** Excerpted records **
'''

-- ===== src/Mysql/File.antt =====
-- mysql/decode/decoder/file_decoder.go with options.go, and `ReadNBytes` of mysql/common/util.go: the
-- events of a binary log file. The file behind its header is the bytes that are left. The body
-- decoders, the plugins and the CRC-32 are parameters. Times are nanoseconds from 1970 on.
pub mod Consume
pub mod Raw
use go_dblog.Prelude.{
  ℕ, zero, suc, ◌+◌, ◌-◌, ◌*◌, ◌/◌, ◌^◌, Bool, true, false, not, ◌&&◌, ◌||◌, Option, none, some,
  List, [], ◌∷◌, length, take, drop, ltb, leb, ◌==◌, if◌then◌else◌, ◌⊎◌, inl, inr,
}
use go_dblog.Prelude.Result.{Result, ok, err, panic, ◌>>=◌, guard}
use go_dblog.Prelude.Text.{Bytes}
use go_dblog.Dblog.Stream.{Seq}
use go_dblog.Mysql.Bytes.{EventError, Decoded, eof, unexpected_eof, unknown_event_type}
use go_dblog.Mysql.Header.{EventHeader, decode_event_header}
use go_dblog.Mysql.Util.{EventFrame, validate_data}
use go_dblog.Mysql.Description.{FmtDescEvent}
use go_dblog.Mysql.Registry.{
  EventRegistry, EventContext, registry_knows, context_knows, context_has_checksum,
  get_event_header_length, get_event_body_decoder,
}

-- `EventCompatibilityMode`
pub data CompatibilityMode : Type 0 where
  auto : CompatibilityMode
  strict : CompatibilityMode
  loose : CompatibilityMode

-- `EventPlugin`; its `Register` works on the registry in place.
pub record EventPlugin (D : Type 0) : Type 0 where
  pub matches_description : FmtDescEvent → Bool
  pub apply : EventRegistry D → EventRegistry D × Option EventError

-- `BinFileDecodeOption`, with positions that are not negative, and times where they are not zero.
pub record DecodeOption (D : Type 0) : Type 0 where
  pub start_pos : ℕ
  pub end_pos : ℕ
  pub start_time : Option ℕ
  pub end_time : Option ℕ
  pub compatibility_mode : CompatibilityMode
  pub event_plugins : List (EventPlugin D)

abbrev nanoseconds : ℕ
nanoseconds = 1000000000

unfoldable pub before_start : Option ℕ → ℕ → Bool
before_start none timestamp = false
before_start (some start) timestamp = ltb (timestamp * nanoseconds) start

unfoldable pub after_end : Option ℕ → ℕ → Bool
after_end none timestamp = false
after_end (some stop) timestamp = leb (stop / nanoseconds) timestamp

-- `NeedStart`
unfoldable pub need_start : {D : Type 0} → Option (DecodeOption D) → EventHeader → Bool
unfolding before_start
need_start none h = true
need_start (some o) h =
    not (not (o.start_pos == 0) && ltb h.log_pos (o.start_pos + h.event_size))
    && not (before_start o.start_time h.timestamp)

-- `NeedStop`
unfoldable pub need_stop : {D : Type 0} → Option (DecodeOption D) → EventHeader → Bool
unfolding after_end
need_stop none h = false
need_stop (some o) h =
    (not (o.end_pos == 0) && ltb o.end_pos h.log_pos) || after_end o.end_time h.timestamp

-- `BinFileDecoder`
pub record FileDecoder (D : Type 0) : Type 0 where
  pub input : Bytes
  pub option : Option (DecodeOption D)
  pub context : EventContext D
  pub plugins_applied : Bool

-- `ReadNBytes`: the bytes and what is left. Where there are too few, the last read has none and its
-- error is io.EOF.
unfoldable pub read_n_bytes : Bytes → ℕ → Decoded (Bytes × Bytes)
read_n_bytes s n = if leb n (length s) then ok (take n s, drop n s) else err eof

-- `knowsEventType`
unfoldable pub knows_type : {D : Type 0} → FileDecoder D → ℕ → Bool
unfolding registry_knows context_knows
knows_type d t = elim d.option [
  | none ↦ registry_knows t d.context.registry || context_knows d.context t
  | some o ↦ elim o.compatibility_mode [
    | loose ↦ true
    | strict ↦ registry_knows t d.context.registry
    | auto ↦ registry_knows t d.context.registry || context_knows d.context t
  ]
]

-- The loop of `applyEventPlugins`.
unfoldable pub apply_plugins :
    {D : Type 0} → List (EventPlugin D) → FmtDescEvent → EventRegistry D → Decoded (EventRegistry D)
apply_plugins [] fde r = ok r
apply_plugins (p ∷ ps) fde r =
    let passed = apply_plugins ps fde r in
    let applied = apply_plugins ps fde (p.apply r).0 in
    if not (p.matches_description fde)
    then passed
    else elim (p.apply r).1 [ none ↦ applied | some e ↦ err e ]

unfoldable pub with_registry : {D : Type 0} → FileDecoder D → EventRegistry D → FileDecoder D
with_registry d r = record d { context = record d.context { registry = r }; plugins_applied = true }

-- `applyEventPlugins`, with the decoder's option.
unfoldable pub apply_option :
    {D : Type 0} → Option (DecodeOption D) → FileDecoder D → FmtDescEvent → Decoded (FileDecoder D)
unfolding apply_plugins with_registry
apply_option none d fde = ok d
apply_option (some o) d fde =
    if d.plugins_applied || length o.event_plugins == 0
    then ok d
    else (do r ← apply_plugins o.event_plugins fde d.context.registry; ok (with_registry d r))

-- It is called with a body that is a format description.
unfoldable pub apply_event_plugins :
    {D : Type 0} → FileDecoder D → Option FmtDescEvent → Decoded (FileDecoder D)
unfolding apply_option
apply_event_plugins d none = ok d
apply_event_plugins d (some fde) = apply_option d.option d fde

-- The header at the beginning of the data, where its type is known.
unfoldable pub known_header : {D : Type 0} → FileDecoder D → Bytes → ℕ → Decoded EventHeader
unfolding decode_event_header knows_type
known_header d s size = do
  h ← decode_event_header s size
  _ ← guard (knows_type d h.event_type) (unknown_event_type h.event_type)
  ok h

-- `checkSkip`; 15 is FORMAT_DESCRIPTION_EVENT.
unfoldable pub check_skip : {D : Type 0} → FileDecoder D → EventHeader → Bool
unfolding need_start
check_skip d h = not (h.event_type == 15) && not (need_start d.option h)

-- `validate_data` with its error in front.
unfoldable pub checked_data :
    (Bytes → ℕ) → EventHeader → Bytes → Bool → Decoded (EventFrame × Bytes)
unfolding validate_data
checked_data crc32 h body has_checksum =
    let r =
      validate_data crc32 (record { header = some h; checksum_type = 0; checksum_val = [] }) body
        has_checksum in
    elim r.2 [ none ↦ ok (r.0, r.1) | some e ↦ err e ]

-- An event with its body of the parameter `B`.
pub record FileEvent (B : Type 0) : Type 0 where
  pub frame : EventFrame
  pub body : B

module _ {D B : Type 0} (crc32 : Bytes → ℕ)
    (decode_body : D ⊎ ℕ → EventContext D → ℕ → Bytes → Decoded (B × EventContext D))
    (as_description : B → Option FmtDescEvent) where
  -- What `DecodeEvent` and `DecodeRawEvent` do with the data of an event.
  unfoldable pub decode_data :
      FileDecoder D → EventHeader → EventFrame × Bytes → Decoded (FileEvent B × FileDecoder D)
  unfolding get_event_body_decoder apply_event_plugins
  decode_data d h (frame, body) = do
    r ←
        decode_body (get_event_body_decoder h.event_type d.context.registry) d.context h.event_type
          body
    let d' = record d { context = r.1 }
    d'' ← apply_event_plugins d' (as_description r.0)
    ok (record { frame = frame; body = r.0 }, d'')

  -- `DecodeEvent` behind the header: the event, none where it is skipped, and the decoder. A size
  -- below that of the header makes a slice of negative length.
  unfoldable pub decode_rest :
      FileDecoder D → EventHeader → ℕ → Bytes → Decoded (Option (FileEvent B) × FileDecoder D)
  unfolding read_n_bytes checked_data decode_data check_skip context_has_checksum
  decode_rest d h size rest = if ltb h.event_size size then panic else (do
    data_rest ← read_n_bytes rest (h.event_size - size)
    let d' = record d { input = data_rest.1 }
    checked ← checked_data crc32 h data_rest.0 (context_has_checksum d.context)
    if check_skip d h then ok (none, d') else (do r ← decode_data d' h checked; ok (some r.0, r.1)))

  -- `DecodeEvent`
  unfoldable pub decode_event : FileDecoder D → Decoded (Option (FileEvent B) × FileDecoder D)
  unfolding read_n_bytes known_header decode_rest get_event_header_length
  decode_event d = do
    let size = get_event_header_length d.context
    head ← read_n_bytes d.input size
    h ← known_header d head.0 size
    decode_rest d h size head.1

  -- `DecodeRawEvent`
  unfoldable pub decode_raw_event :
      FileDecoder D → Bytes → Decoded (Option (FileEvent B) × FileDecoder D)
  unfolding known_header checked_data decode_data check_skip context_has_checksum
      get_event_header_length
  decode_raw_event d raw = do
    let size = get_event_header_length d.context
    _ ← guard (leb size (length raw)) unexpected_eof
    h ← known_header d (take size raw) size
    _ ← guard (leb size h.event_size && leb h.event_size (length raw)) unexpected_eof
    if check_skip d h then ok (none, d) else (do
      checked ←
          checked_data crc32 h (drop size (take h.event_size raw)) (context_has_checksum d.context)
      r ← decode_data d h checked
      ok (some r.0, r.1))

  abbrev is_eof : EventError → Bool
  is_eof eof = true
  is_eof _ = false

  -- The option and the header that `NeedStop` is asked with; an event has a header.
  unfoldable pub stops_at : FileDecoder D → FileEvent B → Bool
  unfolding need_stop
  stops_at d e = elim e.frame.header [ none ↦ false | some h ↦ need_stop d.option h ]

  -- One round of the loop of `Events`, with what `DecodeEvent` returned and the rounds that follow;
  -- the second part of the result is whether there was a panic.
  unfoldable pub file_round :
      {S : Type 0}
      → (S → Option (FileEvent B) × Option EventError → S × Bool)
      → (FileDecoder D → S → Option (S × Bool))
      → S
      → Decoded (Option (FileEvent B) × FileDecoder D)
      → Option (S × Bool)
  unfolding stops_at
  file_round yield next s panic = some (s, true)
  file_round yield next s (err e) =
      some ((if is_eof e then s else (yield s (none, some e)).0), false)
  file_round yield next s (ok (none, d)) = next d s
  file_round yield next s (ok (some e, d)) =
      let r = yield s (some e, none) in
      if stops_at d e then some (s, false) else if r.1 then next d r.0 else some (r.0, false)

  -- The loop of `Events`, on fuel; none where the fuel is used up.
  unfoldable pub file_loop :
      {S : Type 0}
      → (S → Option (FileEvent B) × Option EventError → S × Bool)
      → ℕ
      → FileDecoder D
      → S
      → Option (S × Bool)
  unfolding decode_event file_round
  file_loop yield zero d s = none
  file_loop yield (suc fuel) d s =
      file_round yield (λ d' s'. file_loop yield fuel d' s') s (decode_event d)

  -- `Events`. An event takes a byte at least, so one round more than there are bytes is enough.
  unfoldable pub file_events :
      {S : Type 0}
      → FileDecoder D
      → (S → Option (FileEvent B) × Option EventError → S × Bool)
      → S
      → Option (S × Bool)
  unfolding file_loop
  file_events d yield s = file_loop yield (suc (length d.input)) d s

'''

** Exercise **
What is needed is an exact copy of the entries above, from the first line through the line holding "-- events of", with both of those lines kept; please give nothing else.

** Result of this task **
-- ===== src/Mysql/File.antt =====
-- mysql/decode/decoder/file_decoder.go with options.go, and `ReadNBytes` of mysql/common/util.go: the
-- events of a binary log file. The file behind its header is the bytes that are left. The body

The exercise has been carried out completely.